#### [ACTIVITY]
Return exactly and only these lines: the first of the listing through the one containing "string-discrete a b".

#### [DATA FOR THIS EXERCISE]
########
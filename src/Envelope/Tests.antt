-- ===== src/Envelope/Tests.antt =====
-- A KMS that keeps the context beside the key, and a cipher that adds a tag.
use native.Mathlib.Decide.{ℕ_discrete}
use briefed.Base.{
  Bool-cases, inl, inr, ap, sym, subst, ◌∙◌, ◌≡◌, ◌⊎◌, refl, String, [], ◌∷◌, Option, none, some,
  length, arith, str_eq, eq_iff,
}
use briefed.Base.Result.{ok, err}
use briefed.Envelope.{
  Bytes, EncryptionContext, EnvelopeCipher, KmsClient, AesGcm, encrypt, decrypt, pack_header,
  excerpt_context, encrypt_excerpt, decrypt_excerpt, too_short,
}
use briefed.Envelope.Excerpts.{
  ok-inj, IsKms, IsAesGcm, decrypt_excerpt-encrypt_excerpt, IsStoredAs, decrypt_excerpt-bound,
}

-- A key of 32 bytes, and a nonce of 12.
abbrev key : Bytes
key =
    1 ∷ 2 ∷ 3 ∷ 4 ∷ 5 ∷ 6 ∷ 7 ∷ 8 ∷ 1 ∷ 2 ∷ 3 ∷ 4 ∷ 5 ∷ 6 ∷ 7 ∷ 8 ∷ 1 ∷ 2 ∷ 3 ∷ 4 ∷ 5 ∷ 6 ∷ 7 ∷ 8
    ∷ 1 ∷ 2 ∷ 3 ∷ 4 ∷ 5 ∷ 6 ∷ 7 ∷ 8 ∷ []

abbrev nonce : Bytes
nonce = 9 ∷ 9 ∷ 9 ∷ 9 ∷ 9 ∷ 9 ∷ 9 ∷ 9 ∷ 9 ∷ 9 ∷ 9 ∷ 9 ∷ []

abbrev context : EncryptionContext
context =
    ("table", "email_content_blobs")
    ∷ ("row_id", "m1")
    ∷ ("purpose", "email_body_excerpt")
    ∷ ("user_id", "ana")
    ∷ []

context_of : excerpt_context "m1" "ana" ≡ context
unfolding excerpt_context
context_of = refl

string-discrete : Discrete String
string-discrete a b = elim (Bool-cases (str_eq a b)) [
  | inl same ↦ yes (ground (arith, eq_iff a b))
  | inr other ↦ no (λ e. ground (arith, eq_iff a b))
]

bytes-discrete : Discrete Bytes
bytes-discrete = hlevel ℕ_discrete

context-discrete : Discrete EncryptionContext
context-discrete = hlevel string-discrete

abbrev wrap : {p : Bytes} {c : EncryptionContext} → Dec (p ≡ key) → Dec (c ≡ context) → Option Bytes
wrap (yes a) (yes b) = some (7 ∷ [])
wrap (yes a) (no n) = none
wrap (no n) d = none

abbrev unwrap : {c : EncryptionContext} → Dec (c ≡ context) → Option Bytes
unwrap (yes a) = some key
unwrap (no n) = none

-- It wraps one key, under one context.
abbrev kms : KmsClient
kms = record {
  encrypt_key = λ k p c. wrap {p = p} {c = c} (bytes-discrete p key) (context-discrete c context);
  decrypt_key = λ k w c. unwrap {c = c} (context-discrete c context);
}

wrap_inv :
    {p : Bytes} {c : EncryptionContext} (d : Dec (p ≡ key)) (e : Dec (c ≡ context)) (w : Bytes)
    → wrap d e ≡ some w
    → (p ≡ key) × (c ≡ context) × (w ≡ 7 ∷ [])
wrap_inv (yes a) (yes b) w h = (a, b, ground arith)
wrap_inv (yes a) (no n) w h = absurd (ground arith)
wrap_inv (no n) d w h = absurd (ground arith)

unwrap_inv :
    {c : EncryptionContext} (e : Dec (c ≡ context)) (w : Bytes) → unwrap e ≡ some w → c ≡ context
unwrap_inv (yes a) w h = a
unwrap_inv (no n) w h = absurd (ground arith)

unwrap_known : {c : EncryptionContext} (e : Dec (c ≡ context)) → c ≡ context → unwrap e ≡ some key
unwrap_known (yes a) h = refl
unwrap_known (no n) h = absurd (n h)

wrap_known :
    {p : Bytes} {c : EncryptionContext} (d : Dec (p ≡ key)) (e : Dec (c ≡ context))
    → p ≡ key
    → c ≡ context
    → wrap d e ≡ some (7 ∷ [])
wrap_known (yes a) (yes b) h k = refl
wrap_known (yes a) (no n) h k = absurd (n k)
wrap_known (no n) d h k = absurd (n h)

kms-IsKms : IsKms kms
kms-IsKms = record {
  short = λ k p c w e.
      let (a, b, h) = wrap_inv (bytes-discrete p key) (context-discrete c context) w e in
      omega (arith, ap length h);
  unwraps = λ k p c w e.
      let (a, b, h) = wrap_inv (bytes-discrete p key) (context-discrete c context) w e in
      unwrap_known (context-discrete c context) b ∙ ap some (sym a);
  binds = λ k p c w other q e d.
      let (a, b, h) = wrap_inv (bytes-discrete p key) (context-discrete c context) w e in
      b ∙ sym (unwrap_inv (context-discrete other context) q d);
}

-- A tag before the plain text, which is kept.
abbrev aes_gcm : AesGcm
aes_gcm = record { seal = λ k n p. 0 ∷ p; unseal = λ k n c. elim c [ [] ↦ none | t ∷ p ↦ some p ] }

aes_gcm-IsAesGcm : IsAesGcm aes_gcm
aes_gcm-IsAesGcm = record { opens = λ k n p. refl; tagged = λ k n p e. absurd (ground arith) }

abbrev cipher : EnvelopeCipher
cipher = record { key_id = "alias"; client = kms; aes_gcm = aes_gcm }

wrapped : kms.encrypt_key "alias" key (excerpt_context "m1" "ana") ≡ some (7 ∷ [])
wrapped =
    wrap_known (bytes-discrete key key) (context-discrete (excerpt_context "m1" "ana") context) refl
      context_of

decrypt_excerpt-encrypt_excerpt_example :
    (stored : Option Bytes) × (encrypt_excerpt (some cipher) key nonce (72 ∷ 105 ∷ []) "m1" "ana"
      ≡ ok stored)
    × IsStoredAs (72 ∷ 105 ∷ []) stored
    × (decrypt_excerpt (some cipher) stored "m1" "ana" ≡ ok (72 ∷ 105 ∷ []))
decrypt_excerpt-encrypt_excerpt_example =
    decrypt_excerpt-encrypt_excerpt cipher kms-IsKms aes_gcm-IsAesGcm key nonce (72 ∷ 105 ∷ [])
      (7 ∷ []) "m1" "ana" refl refl wrapped

abbrev blob : Bytes
blob = 1 ∷ 0 ∷ 1 ∷ 0 ∷ 12 ∷ 7 ∷ 9 ∷ 9 ∷ 9 ∷ 9 ∷ 9 ∷ 9 ∷ 9 ∷ 9 ∷ 9 ∷ 9 ∷ 9 ∷ 9 ∷ 0 ∷ 72 ∷ 105 ∷ []

stored : encrypt_excerpt (some cipher) key nonce (72 ∷ 105 ∷ []) "m1" "ana" ≡ ok (some blob)
unfolding encrypt_excerpt encrypt pack_header
stored = rw wrapped refl

opened : decrypt_excerpt (some cipher) (some blob) "m1" "ana" ≡ ok (72 ∷ 105 ∷ [])
opened =
    let (s, e, kind, read) =
      decrypt_excerpt-encrypt_excerpt cipher kms-IsKms aes_gcm-IsAesGcm key nonce (72 ∷ 105 ∷ [])
        (7 ∷ []) "m1" "ana" refl refl wrapped in
    subst (λ o. decrypt_excerpt (some cipher) o "m1" "ana" ≡ ok (72 ∷ 105 ∷ []))
      (ok-inj (sym e ∙ stored)) read

decrypt_excerpt-bound_example :
    (◌≡◌ {A = String} "ana" "ana") × ((◌≡◌ {A = String} "m1" "m1") ⊎ (◌≡◌ {A = String} "m1" "None"))
decrypt_excerpt-bound_example =
    decrypt_excerpt-bound cipher kms-IsKms aes_gcm-IsAesGcm key nonce (72 ∷ 105 ∷ []) blob
      (72 ∷ 105 ∷ []) "m1" "ana" "m1" "ana" refl (λ e. absurd (ground arith)) stored opened

headless : decrypt cipher (1 ∷ 0 ∷ 1 ∷ 0 ∷ []) context ≡ err too_short
unfolding decrypt
headless = refl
########
#### [YOUR SOLUTION]
filename src/Envelope/Tests.antt
-- ===== src/Envelope/Tests.antt =====
-- A KMS that keeps the context beside the key, and a cipher that adds a tag.
use native.Mathlib.Decide.{ℕ_discrete}
use briefed.Base.{
  Bool-cases, inl, inr, ap, sym, subst, ◌∙◌, ◌≡◌, ◌⊎◌, refl, String, [], ◌∷◌, Option, none, some,
  length, arith, str_eq, eq_iff,
}
use briefed.Base.Result.{ok, err}
use briefed.Envelope.{
  Bytes, EncryptionContext, EnvelopeCipher, KmsClient, AesGcm, encrypt, decrypt, pack_header,
  excerpt_context, encrypt_excerpt, decrypt_excerpt, too_short,
}
use briefed.Envelope.Excerpts.{
  ok-inj, IsKms, IsAesGcm, decrypt_excerpt-encrypt_excerpt, IsStoredAs, decrypt_excerpt-bound,
}

-- A key of 32 bytes, and a nonce of 12.
abbrev key : Bytes
key =
    1 ∷ 2 ∷ 3 ∷ 4 ∷ 5 ∷ 6 ∷ 7 ∷ 8 ∷ 1 ∷ 2 ∷ 3 ∷ 4 ∷ 5 ∷ 6 ∷ 7 ∷ 8 ∷ 1 ∷ 2 ∷ 3 ∷ 4 ∷ 5 ∷ 6 ∷ 7 ∷ 8
    ∷ 1 ∷ 2 ∷ 3 ∷ 4 ∷ 5 ∷ 6 ∷ 7 ∷ 8 ∷ []

abbrev nonce : Bytes
nonce = 9 ∷ 9 ∷ 9 ∷ 9 ∷ 9 ∷ 9 ∷ 9 ∷ 9 ∷ 9 ∷ 9 ∷ 9 ∷ 9 ∷ []

abbrev context : EncryptionContext
context =
    ("table", "email_content_blobs")
    ∷ ("row_id", "m1")
    ∷ ("purpose", "email_body_excerpt")
    ∷ ("user_id", "ana")
    ∷ []

context_of : excerpt_context "m1" "ana" ≡ context
unfolding excerpt_context
context_of = refl

string-discrete : Discrete String
string-discrete a b = elim (Bool-cases (str_eq a b)) [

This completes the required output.